Selectivity of the MGFETs

The specificity of the MGFETs was evaluated by detecting two different target DNA sequences, including completely mismatched DNA chains and single-base mismatched DNA chains. Similar to the procedure described above, a completely mismatched DNA (sequence: 5′-NH2-TCC CCT TCT TAT GGC CTG TTT TTC AAC-3′) and single-base mismatched DNA (sequence: 5′-NH2-GAA AAG GAG TCG TTA TGA GGG GGT CCA-3′) were coupled to MBs respectively. The mismatched MB/DNA dissolved in PBS solution was added into the MGFET biosensors for 10 min to react with the aptamer sufficiently. The MGFETs was washed with PBS for three times to remove the mismatched DNA. For completely mismatched DNA chains, due to the conjugate of MB/DNA could not hybridize with aptamer, almost all the MB/DNA conjugates were removed. Therefore, the addition of completely mismatched MB/DNA has almost no effect on the conductivity of graphene as shown in Fig. 8, which indicates a high selectivity of the biosensor. Furthermore, we have also investigated the selectivity of the biosensors through single-base mismatched DNA chains as shown in Fig. 7. It can be found that the MGFET impedance change with single-base mismatched chains was slightly lower than the complementary strands and higher than the noncomplementary target strand on each certain concentration. Therefore, the single-base mismatched strand could be detectable in this work.
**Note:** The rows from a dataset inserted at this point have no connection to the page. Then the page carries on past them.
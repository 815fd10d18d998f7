-- ===== src/Base/Text.antt =====
-- Decimal text of numbers: `str(n)`, the zero-padded formats, and `int(text)`.
pub mod Decimal
use Prim.Native.Nat.{ℕ, zero, suc, ◌+◌, ◌-◌, ◌*◌, ◌/◌, ◌%◌}
use Prim.Native.Char.{Char, code}
use Prim.Native.String.{String, ◌++◌}
use mathlib.Core.Path.{◌≡◌, refl}
use mathlib.Core.Bool.{Bool, true, false, not, ◌&&◌, ◌||◌}
use mathlib.Core.Option
use mathlib.Core.Option.{Option, none, some}
use ganker.Base.Tests.{ltb, leb, eqb, if◌then◌else◌}
use ganker.Base.Int.{ℤ, pos, negsuc, neg_ℕ}

abbrev digit : ℕ → Char
digit zero = "0"
digit (suc zero) = "1"
digit (suc (suc zero)) = "2"
digit (suc (suc (suc zero))) = "3"
digit (suc (suc (suc (suc zero)))) = "4"
digit (suc (suc (suc (suc (suc zero))))) = "5"
digit (suc (suc (suc (suc (suc (suc zero)))))) = "6"
digit (suc (suc (suc (suc (suc (suc (suc zero))))))) = "7"
digit (suc (suc (suc (suc (suc (suc (suc (suc zero)))))))) = "8"
digit _ = "9"

-- The digits of n before `rest`. The fuel n + 1 is enough, since each round divides by ten.
show_fuel : ℕ → ℕ → String → String
show_fuel zero n rest = rest
show_fuel (suc f) n rest =
    let more = show_fuel f (n / 10) (String.◌∷◌ (digit (n % 10)) rest) in
    if ltb n 10 then String.◌∷◌ (digit n) rest else more

unfoldable pub show : ℕ → String
unfolding show_fuel
show n = show_fuel (n + 1) n ""

unfoldable pub show_ℤ : ℤ → String
unfolding show
show_ℤ (pos n) = show n
show_ℤ (negsuc n) = String.◌∷◌ "-" (show (n + 1))

-- The last w digits of n, before `rest`.
pad : ℕ → ℕ → String → String
pad zero n rest = rest
pad (suc w) n rest = pad w (n / 10) (String.◌∷◌ (digit (n % 10)) rest)

-- 10 ** w <= n, tested by w divisions.
has_more_digits : ℕ → ℕ → Bool
has_more_digits zero n = ltb 0 n
has_more_digits (suc w) n = has_more_digits w (n / 10)

-- `f"{n:0wd}"`
unfoldable pub show_padded : ℕ → ℕ → String
unfolding pad has_more_digits show
show_padded w n = if has_more_digits w n then show n else pad w n ""

is_digit : ℕ → Bool
is_digit c = leb 48 c && leb c 57

-- ASCII white space, as `str.strip` and `int` see it.
unfoldable pub is_space : ℕ → Bool
is_space c = eqb c 32 || ((leb 9 c && leb c 13) || (leb 28 c && leb c 31))

all_space : String → Bool
all_space String.[] = true
all_space (String.◌∷◌ c s) = is_space (code c) && all_space s

-- Digits with single underscores between them, and white space behind. The flag tells that the
-- character before was a digit.
scan_digits : ℕ → Bool → String → Option ℕ
scan_digits n after String.[] = if after then some n else none
scan_digits n after (String.◌∷◌ c s) =
    let more = scan_digits (n * 10 + (code c - 48)) true s in
    let underscored = scan_digits n false s in
    if is_digit (code c)
    then more
    else if after && eqb (code c) 95
    then underscored
    else if after && (is_space (code c) && all_space s)
    then some n
    else none

scan_sign : String → Option ℤ
scan_sign String.[] = none
scan_sign (String.◌∷◌ c s) =
    if eqb (code c) 45
    then Option.map neg_ℕ (scan_digits 0 false s)
    else if eqb (code c) 43
    then Option.map pos (scan_digits 0 false s)
    else Option.map pos (scan_digits 0 false (String.◌∷◌ c s))

skip_space : String → String
skip_space String.[] = String.[]
skip_space (String.◌∷◌ c s) = if is_space (code c) then skip_space s else String.◌∷◌ c s

-- `int(text)` for ASCII text; `none` where it raises a `ValueError`.
unfoldable pub int_of_text : String → Option ℤ
unfolding scan_digits scan_sign skip_space is_digit is_space all_space
int_of_text s = scan_sign (skip_space s)

-- `len(text.split())` for ASCII text. The flag tells that the character before was in a word.
count_words : Bool → String → ℕ
count_words inside String.[] = 0
count_words inside (String.◌∷◌ c s) =
    let more = count_words (not (is_space (code c))) s in
    if is_space (code c) || inside then more else suc more

unfoldable pub word_count : String → ℕ
unfolding count_words is_space
word_count s = count_words false s

word_count_test : word_count "  the quick  fox " ≡ 3
unfolding word_count
word_count_test = refl

show_tests : (show 0 ≡ "0") × (show 1234567890 ≡ "1234567890") × (show_ℤ (negsuc 41) ≡ "-42")
unfolding show show_ℤ
show_tests = (refl, refl, refl)

show_padded_tests :
    (show_padded 6 1 ≡ "000001")
    × (show_padded 5 99999 ≡ "99999")
    × (show_padded 5 123456 ≡ "123456")
unfolding show_padded
show_padded_tests = (refl, refl, refl)

int_of_text_tests :
    (int_of_text " -1_000 " ≡ some (negsuc 999))
    × (int_of_text "+08" ≡ some (pos 8))
    × (int_of_text "1_" ≡ none)
    × (int_of_text "" ≡ none)
    × (int_of_text "8x" ≡ none)
unfolding int_of_text
int_of_text_tests = (refl, refl, refl, refl, refl)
Although the aptamer and the complementary DNA chains are all commercial products which mainly determined the selectivity of the biosensors, the MGFETs and its detection system have also provided contribution to the high sensitivity for DNA detection.

Fig. 8
figure 8

Relationship between impedance of MGFETs and concentration of completely mismatched DNA. Error bar represents the standard deviation of 5 independent analysis

Conclusions

Herein, a MGFET biosensor based on graphene and magnetic nanoparticles was presented to detect cDNA. In the MGFETs, magnetic nanoparticles were modified onto the end of the cDNA sequence. Through the magnetic force between the MBs and the magnetic field, the distance between the MB/cDNA conjugates and the graphene film was mechanically controlled, thereby modulating the double conductive layer of the MGFETs. Furthermore, we can also conclude that, for a particular DNA strand, the impedance of the MGFETs will reflect the stress of the DNA strand, which in turn reflects the bending of the DNA strand (inset, Fig. 5b). Thus, the present MGFETs have the potential to be used in the study of the mechanical parameters of DNA chains. Therefore, the MGFETs may not only function as a biosensor for cDNA detection but may also potentially detect the mechanical parameters of DNA chains.